Dental. Standard international health plans usually don't include routine dental. Most insurers offer a dental rider at USD $30–$100/mo additional (by age, coverage limit, whether orthodontics is included). If your trip purpose is dental implants or orthodontics (dental is your main treatment), buying a standalone dental rider is usually cheaper than comprehensive health insurance plus dental.
Cosmetic / aesthetic. Pure cosmetic procedures (rhinoplasty, breast augmentation, liposuction, Botox, fillers) are excluded by almost all international health insurance — this is industry standard. There is no "cosmetic insurance" as a commercial product; individual broker-sold "cosmetic accident" policies cover only post-incident reconstruction, not elective cosmetic procedures.

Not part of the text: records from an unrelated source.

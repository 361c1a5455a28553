-- ===== src/Action.antt =====
-- Go functions that act on the outside world and may return an `error`: the world comes back
-- beside the error too, since what was done before it stays done.
use fusion_wizard.Prelude.{◌≡◌, refl, ◌⊎◌, inl, inr}
use fusion_wizard.Errors.{Error}

pub data Result {ℓ} (A : Type ℓ) : Type ℓ where
  ok : A → Result A
  err : Error → Result A

pub Result-cases {ℓ} :
    {A : Type ℓ} (r : Result A) → ((a : A) × (r ≡ ok a)) ⊎ ((x : Error) × (r ≡ err x))
Result-cases (ok a) = inl (a, refl)
Result-cases (err x) = inr (x, refl)

pub ok-injective {ℓ} : {A : Type ℓ} {a b : A} → ok a ≡ ok b → a ≡ b
ok-injective h = cc

pub ok-ne-err {ℓ} : {A : Type ℓ} {a : A} {x : Error} → ok a ≡ err x → ⊥
ok-ne-err h = cc

abbrev pub Action : Type 0 → Type 0 → Type 0
Action W A = W → Result A × W

module _ {W A : Type 0} where
  abbrev pub pure : A → Action W A
  pure a w = (ok a, w)

  abbrev pub raise : Error → Action W A
  raise e w = (err e, w)

module _ {W A B : Type 0} where
  abbrev pub continue : Result A → (A → Action W B) → Action W B
  continue (ok a) f w = f a w
  continue (err e) f w = (err e, w)

  infixl 10 ◌>>=◌ ◌>>◌
  abbrev pub ◌>>=◌ : Action W A → (A → Action W B) → Action W B
  ◌>>=◌ m f w = let (r, w') = m w in continue r f w'

  abbrev pub ◌>>◌ : Action W A → Action W B → Action W B
  m >> n = m >>= λ _. n

  continue-ok :
      (r : Result A) (f : A → Action W B) (w : W) {b : B}
      → (continue r f w).0 ≡ ok b
      → (a : A) × (r ≡ ok a) × (continue r f w ≡ f a w)
  continue-ok (ok a) f w h = (a, refl, refl)
  continue-ok (err e) f w h = cc

  -- A chain that ended well went through its first part.
  pub bind-ok :
      (m : Action W A) (f : A → Action W B) (w : W) {b : B}
      → ((m >>= f) w).0 ≡ ok b
      → (a : A) × ((m w).0 ≡ ok a) × ((m >>= f) w ≡ f a (m w).1)
  bind-ok m f w h = continue-ok (m w).0 f (m w).1 h

-- `v, err := m()` where the code goes on after the error
module _ {W A : Type 0} where
  abbrev pub attempt : Action W A → Action W (Result A)
  attempt m w = let (r, w') = m w in (ok r, w')
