-- ===== src/Api.antt =====
-- api/v1alpha1: the custom resources.
pub mod Resource
pub mod Definition
pub mod Run
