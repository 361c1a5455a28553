-- ===== src/Api/Definition.antt =====
-- api/v1alpha1/wizarddefinition_types.go: what a wizard consists of.
use fusion_wizard.Prelude.{Bool, List, Option, Text, Assoc, codes}

-- A string type with nine constants; `unknown_type` is any other string.
pub data StepType : Type 0 where
  git_watcher wait_build tag app job_template service_template chain trigger batch_trigger :
      StepType
  unknown_type : Text → StepType

-- the constants' texts
unfoldable pub type_name : StepType → Text
type_name git_watcher = codes "gitWatcher"
type_name wait_build = codes "waitBuild"
type_name tag = codes "tag"
type_name app = codes "app"
type_name job_template = codes "jobTemplate"
type_name service_template = codes "serviceTemplate"
type_name chain = codes "chain"
type_name trigger = codes "trigger"
type_name batch_trigger = codes "batchTrigger"
type_name (unknown_type t) = t

-- `other_type` is any other string, the empty one included.
pub data ParameterType : Type 0 where
  string number boolean string_list object_list : ParameterType
  other_type : Text → ParameterType

-- `default` holds the bytes of a JSON value.
pub record WizardParameter : Type 0 where
  pub name : Text
  pub type : ParameterType
  pub description : Text
  pub required : Bool
  pub default : Option Text
  pub pattern : Text

pub record WizardStep : Type 0 where
  pub name : Text
  pub type : StepType
  pub for_each : Text
  pub params : Assoc Text

pub record WizardDefinitionSpec : Type 0 where
  pub description : Text
  pub parameters : List WizardParameter
  pub steps : List WizardStep
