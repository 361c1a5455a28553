-- ===== src/Api/Resource.antt =====
-- api/v1alpha1/wizardresource_types.go: a ledger entry.
use fusion_wizard.Prelude.{ℕ, Bool, List, Text, Assoc}

pub record ResourceReference : Type 0 where
  pub run : Text
  pub step : Text

pub record WizardResourceSpec : Type 0 where
  pub service : Text
  pub kind : Text
  pub name : Text
  pub external_id : Text
  pub spec_hash : Text
  pub managed : Bool
  pub terminating : Bool
  pub refs : List ResourceReference

-- Of the object's metadata: its name, its labels, and its resourceVersion, which stands for the
-- opaque text that the API server compares. The namespace is the ledger's own throughout.
pub record WizardResource : Type 0 where
  pub object_name : Text
  pub labels : Assoc Text
  pub resource_version : ℕ
  pub spec : WizardResourceSpec
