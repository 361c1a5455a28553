-- ===== src/Api/Run.antt =====
-- api/v1alpha1/wizardrun_types.go: one execution of a definition and its observed state.
use fusion_wizard.Prelude.{ℕ, Bool, List, Option, Text, Assoc}
use fusion_wizard.Errors.{Message}
use fusion_wizard.Api.Definition.{StepType, WizardDefinitionSpec}

pub data RunDesiredState : Type 0 where
  desired_applied desired_rolled_back desired_unset : RunDesiredState

-- `unset` is the empty string, before the first reconcile.
pub data RunPhase : Type 0 where
  unset pending running ready failed rolling_back rolled_back rollback_failed : RunPhase

pub data StepPhase : Type 0 where
  unset pending running succeeded failed rolled_back rollback_failed : StepPhase

pub data Disposition : Type 0 where
  created adopted found_unowned : Disposition

pub record ManagedResourceRef : Type 0 where
  pub service : Text
  pub kind : Text
  pub name : Text
  pub external_id : Text
  pub disposition : Disposition

-- Times are whole numbers of a clock's units; `none` is a nil `*metav1.Time`.
pub record WizardRunStepStatus : Type 0 where
  pub key : Text
  pub name : Text
  pub type : StepType
  pub item : Text
  pub phase : StepPhase
  pub message : Message
  pub failures : ℕ
  pub outputs : Assoc Text
  pub resources : List ManagedResourceRef
  pub started_at : Option ℕ
  pub completed_at : Option ℕ

-- The only condition used is Ready.
pub record Condition : Type 0 where
  pub status : Bool
  pub reason : RunPhase
  pub message : Message
  pub observed_generation : ℕ

pub record WizardRunStatus : Type 0 where
  pub phase : RunPhase
  pub message : Message
  pub observed_generation : ℕ
  pub steps : List WizardRunStepStatus
  pub ready_condition : Option Condition
  pub started_at : Option ℕ
  pub completed_at : Option ℕ

-- `desired_unset` is the empty string. A `raw` parameter value is the bytes of its JSON.
pub record WizardRunSpec : Type 0 where
  pub definition_ref : Text
  pub definition_snapshot : Option WizardDefinitionSpec
  pub definition_generation : ℕ
  pub parameters : Assoc Text
  pub created_by : Text
  pub created_by_email : Text
  pub desired_state : RunDesiredState

-- Of the object's metadata what the code reads; `deleting` is a set deletion timestamp.
pub record WizardRun : Type 0 where
  pub name : Text
  pub generation : ℕ
  pub deleting : Bool
  pub finalizers : List Text
  pub annotations : Assoc Text
  pub spec : WizardRunSpec
  pub status : WizardRunStatus
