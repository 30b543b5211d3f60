-- ===== src/Resilience/Breaker/Steps.antt =====
-- Calls through the circuit breaker that overlap in any way: a step relation on the breaker and the
-- calls that are running (`call` of src/app/infrastructure/resilience/circuit_breaker.py).
use andruha_user_profile_ser.Prelude.{
  ◌⊎◌, ℕ, ◌+◌, ◌≡◌, ◌≢◌, ◌<◌, ◌≤◌, Bool, true, false, Option, none, some, List, [], ◌∷◌, ◌++◌, ok,
  err, nat_beq, arith, if◌then◌else◌, nat_eq, option_eq,
}
use andruha_user_profile_ser.Exceptions.{Exception}
use andruha_user_profile_ser.Resilience.Breaker.{
  CircuitBreaker, closed, open_state, half_open, state_beq, Ticket, Ending, returned, failed,
  other_error, abandoned, begin, settle,
}

pub record System : Type 0 where
  pub breaker : CircuitBreaker
  pub now : ℕ
  pub running : List Ticket

-- The clock goes on; a call is admitted or refused; a running call ends in any way.
pub data Step (s u : System) : Type 0 where
  wait : (n : ℕ) → u ≡ record s { now = s.now + n } → Step s u
  start :
      (t : Ticket)
      → (begin s.now s.breaker).0 ≡ ok t
      → u ≡ record s { breaker = (begin s.now s.breaker).1; running = t ∷ s.running }
      → Step s u
  refuse :
      (e : Exception)
      → (begin s.now s.breaker).0 ≡ err e
      → u ≡ record s { breaker = (begin s.now s.breaker).1 }
      → Step s u
  finish :
      (before after : List Ticket) (t : Ticket) (ending : Ending)
      → s.running ≡ before ++ t ∷ after
      → u ≡ record s { breaker = settle s.now t ending s.breaker; running = before ++ after }
      → Step s u

pub data Reach (s : System) : System → Type 0 where
  here : Reach s s
  next : {t u : System} → Reach s t → Step t u → Reach s u

abbrev pub holds : ℕ → Ticket → Bool
holds k t = elim t.probe_token [ none ↦ false | some j ↦ nat_beq j k ]

-- How many of the calls hold the token `k`.
abbrev pub holders : ℕ → List Ticket → ℕ
holders k [] = 0
holders k (t ∷ ts) = (if holds k t then 1 else 0) + holders k ts

holders-append : (k : ℕ) (xs ys : List Ticket) → holders k (xs ++ ys) ≡ holders k xs + holders k ys
holders-append k [] ys = omega arith
holders-append k (x ∷ xs) ys = ground (arith, holders-append k xs ys)

abbrev pub has_token : Option ℕ → Bool
has_token none = false
has_token (some k) = true

-- What holds of the breaker on its own.
pub record IsSound (b : CircuitBreaker) : Type 0 where
  pub threshold : 1 ≤ b.fail_max
  pub counting : state_beq b.state closed ≡ true → b.failure_count < b.fail_max
  pub flag : b.probe_in_progress ≡ has_token b.probe_token
  pub idle : state_beq b.state half_open ≡ false → b.probe_token ≡ none
  pub stamped : state_beq b.state open_state ≡ true → b.opened_at ≢ none

pub begin-IsSound : (now : ℕ) (b : CircuitBreaker) → IsSound b → IsSound (begin now b).1
unfolding begin
begin-IsSound now b v = ground arith

pub settle-IsSound :
    (now : ℕ) (t : Ticket) (ending : Ending) (b : CircuitBreaker)
    → IsSound b
    → IsSound (settle now t ending b)
unfolding settle
settle-IsSound now t returned b v = ground arith
settle-IsSound now t failed b v = ground arith
settle-IsSound now t other_error b v = ground arith
settle-IsSound now t abandoned b v = ground arith

-- Every token is held by one running call at most, and that of the current probe by exactly one.
pub record IsTracked (s : System) : Type 0 where
  pub sound : IsSound s.breaker
  pub unmade : (k : ℕ) → s.breaker.next_token ≤ k → holders k s.running ≡ 0
  pub unique : (k : ℕ) → holders k s.running ≤ 1
  pub made : (k : ℕ) → s.breaker.probe_token ≡ some k → k < s.breaker.next_token
  pub owned : (k : ℕ) → s.breaker.probe_token ≡ some k → holders k s.running ≡ 1

settle-next_token :
    (now : ℕ) (t : Ticket) (ending : Ending) (b : CircuitBreaker)
    → (settle now t ending b).next_token ≡ b.next_token
unfolding settle
settle-next_token now t returned b = ground arith
settle-next_token now t failed b = ground arith
settle-next_token now t other_error b = ground arith
settle-next_token now t abandoned b = ground arith

-- A probe that is still current when a call has ended was another call's.
pub settle-probe_token :
    (now : ℕ) (t : Ticket) (ending : Ending) (b : CircuitBreaker) (k : ℕ)
    → IsSound b
    → (settle now t ending b).probe_token ≡ some k
    → (b.probe_token ≡ some k) × (holds k t ≡ false)
unfolding settle
settle-probe_token now t returned b k v h = ground arith
settle-probe_token now t failed b k v h = ground arith
settle-probe_token now t other_error b k v h = ground arith
settle-probe_token now t abandoned b k v h = ground arith

-- A call that is admitted holds no token, or a new one that is now the current probe's.
begin-ok :
    (now : ℕ) (b : CircuitBreaker) (t : Ticket)
    → (begin now b).0 ≡ ok t
    → ((t.probe_token ≡ none)
        × ((begin now b).1.next_token ≡ b.next_token)
        × ((begin now b).1.probe_token ≡ b.probe_token))
      ⊎ ((t.probe_token ≡ some b.next_token)
          × ((begin now b).1.next_token ≡ b.next_token + 1)
          × ((begin now b).1.probe_token ≡ some b.next_token))
unfolding begin
begin-ok now b t h = ground arith

begin-err :
    (now : ℕ) (b : CircuitBreaker) (e : Exception)
    → (begin now b).0 ≡ err e
    → ((begin now b).1.next_token ≡ b.next_token) × ((begin now b).1.probe_token ≡ b.probe_token)
unfolding begin
begin-err now b e h = ground arith

start-IsTracked :
    (s : System) (t : Ticket)
    → IsTracked s
    → (begin s.now s.breaker).0 ≡ ok t
    → IsTracked (record s { breaker = (begin s.now s.breaker).1; running = t ∷ s.running })
start-IsTracked s t v h = record {
  sound = begin-IsSound s.now s.breaker v.sound;
  unmade = λ k le. ground (arith, begin-ok s.now s.breaker t h, v.unmade k);
  unique = λ k. ground (arith, begin-ok s.now s.breaker t h, v.unmade k, v.unique k);
  made = λ k e. ground (arith, begin-ok s.now s.breaker t h, v.made k);
  owned = λ k e. ground (arith, begin-ok s.now s.breaker t h, v.owned k, v.unmade k, v.made k);
}

refuse-IsTracked :
    (s : System) (e : Exception)
    → IsTracked s
    → (begin s.now s.breaker).0 ≡ err e
    → IsTracked (record s { breaker = (begin s.now s.breaker).1 })
refuse-IsTracked s e v h = record {
  sound = begin-IsSound s.now s.breaker v.sound;
  unmade = λ k le. ground (arith, begin-err s.now s.breaker e h, v.unmade k);
  unique = v.unique;
  made = λ k p. ground (arith, begin-err s.now s.breaker e h, v.made k);
  owned = λ k p. ground (arith, begin-err s.now s.breaker e h, v.owned k);
}

module _ (s : System) (before after : List Ticket) (t : Ticket) (ending : Ending) where
  pub holders-finish :
      (k : ℕ)
      → s.running ≡ before ++ t ∷ after
      → holders k s.running ≡ (if holds k t then 1 else 0) + holders k (before ++ after)
  holders-finish k e =
      rw e (omega (arith, holders-append k before (t ∷ after), holders-append k before after))

  finish-IsTracked :
      IsTracked s
      → s.running ≡ before ++ t ∷ after
      → IsTracked
          (record s { breaker = settle s.now t ending s.breaker; running = before ++ after })
  finish-IsTracked v e = record {
    sound = settle-IsSound s.now t ending s.breaker v.sound;
    unmade = λ k le.
        omega (arith, settle-next_token s.now t ending s.breaker, v.unmade k, holders-finish k e);
    unique = λ k. omega (arith, v.unique k, holders-finish k e);
    made = λ k p. omega (
      arith,
      settle-next_token s.now t ending s.breaker,
      v.made k (settle-probe_token s.now t ending s.breaker k v.sound p).0,
    );
    owned = λ k p. ground (
      arith,
      settle-probe_token s.now t ending s.breaker k v.sound p,
      v.owned k,
      holders-finish k e,
    );
  }

Step-IsTracked : {s u : System} → Step s u → IsTracked s → IsTracked u
Step-IsTracked {s} (wait n e) v = rw e (record {
  sound = v.sound;
  unmade = v.unmade;
  unique = v.unique;
  made = v.made;
  owned = v.owned;
})
Step-IsTracked {s} (start t h e) v = rw e (start-IsTracked s t v h)
Step-IsTracked {s} (refuse x h e) v = rw e (refuse-IsTracked s x v h)
Step-IsTracked {s} (finish before after t ending h e) v =
    rw e (finish-IsTracked s before after t ending v h)

pub Reach-IsTracked : {s u : System} → IsTracked s → Reach s u → IsTracked u
Reach-IsTracked v here = v
Reach-IsTracked v (next r st) = Step-IsTracked st (Reach-IsTracked v r)
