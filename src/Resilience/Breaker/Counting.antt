-- ===== src/Resilience/Breaker/Counting.antt =====
-- When the circuit breaker opens: calls that do not overlap, counted by their failures, and calls
-- that come back late.
use andruha_user_profile_ser.Prelude.{
  ◌∙◌, ℕ, zero, suc, ◌+◌, ◌≡◌, ◌<◌, refl, false, none, some, Result, ok, err, arith,
}
use andruha_user_profile_ser.Exceptions.{Exception}
use andruha_user_profile_ser.Resilience.Breaker.{
  CircuitBreaker, closed, open_state, Ticket, Ending, returned, failed, other_error, abandoned,
  begin, settle,
}
use andruha_user_profile_ser.Resilience.Breaker.Steps.{IsSound}

-- One call that starts and ends with no other call in between; a refused call leaves what `begin`
-- leaves.
abbrev pub finish_call : ℕ → Ending → Result Exception Ticket × CircuitBreaker → CircuitBreaker
finish_call now ending (ok t, b) = settle now t ending b
finish_call now ending (err e, b) = b

unfoldable pub sequential_call : ℕ → Ending → CircuitBreaker → CircuitBreaker
sequential_call now ending b = finish_call now ending (begin now b)

-- `n` calls in a row, at one time, which all fail.
unfoldable pub failures : ℕ → ℕ → CircuitBreaker → CircuitBreaker
failures now zero b = b
failures now (suc n) b = failures now n (sequential_call now failed b)

failed-closed :
    (now : ℕ) (b : CircuitBreaker)
    → b.state ≡ closed
    → b.failure_count + 1 < b.fail_max
    → sequential_call now failed b ≡ record b { failure_count = b.failure_count + 1 }
unfolding sequential_call begin settle
failed-closed now b c h = ground arith

failed-last :
    (now : ℕ) (b : CircuitBreaker)
    → b.state ≡ closed
    → b.failure_count + 1 ≡ b.fail_max
    → sequential_call now failed b ≡ record b {
      state = open_state;
      failure_count = b.fail_max;
      opened_at = some now;
      probe_in_progress = false;
      probe_token = none;
      generation = b.generation + 1;
    }
unfolding sequential_call begin settle
failed-last now b c h = ground arith

counted :
    (b : CircuitBreaker) (n : ℕ)
    → ◌≡◌ {A = CircuitBreaker}
        (record b { failure_count = b.failure_count + 1 + n })
        (record b { failure_count = b.failure_count + suc n })
counted b n = ground arith

-- Fewer failures in a row than are left to the threshold are counted, and the breaker stays closed.
pub failures_below :
    (now n : ℕ) (b : CircuitBreaker)
    → b.state ≡ closed
    → b.failure_count + n < b.fail_max
    → failures now n b ≡ record b { failure_count = b.failure_count + n }
unfolding failures
failures_below now zero b c h = ground arith
failures_below now (suc n) b c h = rw (failed-closed now b c (omega arith)) (
    failures_below now n (record b { failure_count = b.failure_count + 1 }) c (omega arith)
    ∙ counted b n)

failures-suc :
    (now n : ℕ) (b : CircuitBreaker)
    → failures now (suc n) b ≡ sequential_call now failed (failures now n b)
unfolding failures
failures-suc now zero b = refl
failures-suc now (suc n) b = failures-suc now n (sequential_call now failed b)

-- The failure that reaches the threshold opens the breaker, at its time; none before it does.
pub failures_trip :
    (now n : ℕ) (b : CircuitBreaker)
    → IsSound b
    → b.state ≡ closed
    → b.failure_count + n + 1 ≡ b.fail_max
    → (failures now n b ≡ record b { failure_count = b.failure_count + n })
      × ((failures now (suc n) b).state ≡ open_state)
      × ((failures now (suc n) b).opened_at ≡ some now)
failures_trip now n b v c h =
    let below = failures_below now n b c (omega arith) in
    let last = failed-last now (record b { failure_count = b.failure_count + n }) c h in
    rw (failures-suc now n b, below, last) (refl, refl, refl)

-- A call that was admitted before the breaker last opened or closed has no effect when it ends, in
-- whatever way, unless it is the current probe.
pub late_call_ignored :
    (now : ℕ) (t : Ticket) (ending : Ending) (b : CircuitBreaker)
    → IsSound b
    → t.probe_token ≡ none
    → t.generation < b.generation
    → settle now t ending b ≡ b
unfolding settle
late_call_ignored now t returned b v p h = ground arith
late_call_ignored now t failed b v p h = ground arith
late_call_ignored now t other_error b v p h = ground arith
late_call_ignored now t abandoned b v p h = ground arith
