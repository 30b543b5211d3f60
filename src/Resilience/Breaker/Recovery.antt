-- ===== src/Resilience/Breaker/Recovery.antt =====
-- How an open circuit breaker comes back (src/app/infrastructure/resilience/circuit_breaker.py).
use andruha_user_profile_ser.Prelude.{ℕ, ◌+◌, ◌-◌, ◌≡◌, ◌<◌, ◌≤◌, some, ok, err, arith}
use andruha_user_profile_ser.Exceptions.{circuit_breaker_error}
use andruha_user_profile_ser.Resilience.Breaker.{
  CircuitBreaker, closed, open_state, Ticket, returned, failed, other_error, abandoned, begin,
  settle,
}
use andruha_user_profile_ser.Resilience.Breaker.Steps.{IsSound}

-- Until `recovery_timeout` has passed an open breaker refuses every call and stays as it is.
pub open_refuses :
    (now t : ℕ) (b : CircuitBreaker)
    → b.state ≡ open_state
    → b.opened_at ≡ some t
    → now - t < b.recovery_timeout
    → begin now b ≡ (err circuit_breaker_error, b)
unfolding begin
open_refuses now t b o e h = ground arith

-- From then on it admits one call, the probe, and refuses all others while that call runs.
-- The probe's end decides: success, or an error that is no failure, closes the breaker with no
-- failures counted; a failure opens it again at that time; a cancelled probe gives its place free.
pub probe_decides :
    (now later t : ℕ) (b : CircuitBreaker)
    → IsSound b
    → b.state ≡ open_state
    → b.opened_at ≡ some t
    → b.recovery_timeout ≤ now - t
    → let probe : Ticket = record { generation = b.generation; probe_token = some b.next_token } in
      let (r, probing) = begin now b in
      (r ≡ ok probe)
      × (begin later probing ≡ (err circuit_breaker_error, probing))
      × ((settle later probe returned probing).state ≡ closed)
      × ((settle later probe returned probing).failure_count ≡ 0)
      × (settle later probe other_error probing ≡ settle later probe returned probing)
      × ((settle later probe failed probing).state ≡ open_state)
      × ((settle later probe failed probing).opened_at ≡ some later)
      × ((begin later (settle later probe abandoned probing)).0
          ≡ ok (record { generation = b.generation; probe_token = some (b.next_token + 1) }))
unfolding begin settle
probe_decides now later t b v o e h = ground arith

Pre-existing conditions. Industry standard is a 2-year waiting period, but the definition of "pre-existing" varies: some insurers consider only "treated in the past 5 years," some look at "diagnosed in the past 10 years," some assess via individual underwriting. If you have any chronic condition under treatment (diabetes, hypertension, asthma, depression, arthritis, cancer follow-up), disclose proactively at quote — the consequence of non-disclosure is contract void plus all claims denied.
Traditional Chinese Medicine (TCM). Most international medical insurance does not cover TCM, acupuncture, or herbal medicine (rare exceptions exist as cultural-fit riders). If you plan TCM treatment, budget to self-pay.
Experimental therapies. CAR-T at the Hainan Boao Lecheng pilot zone, certain stem cell therapies, oncology protocols not internationally approved — these are typically classified as experimental or unproven and not covered.
Fertility treatment. Standard health plans do not include IVF or fertility treatments. Most insurers offer fertility riders, but with waiting periods (typically 12–24 months), lifetime coverage caps, and joint medical underwriting for both partners.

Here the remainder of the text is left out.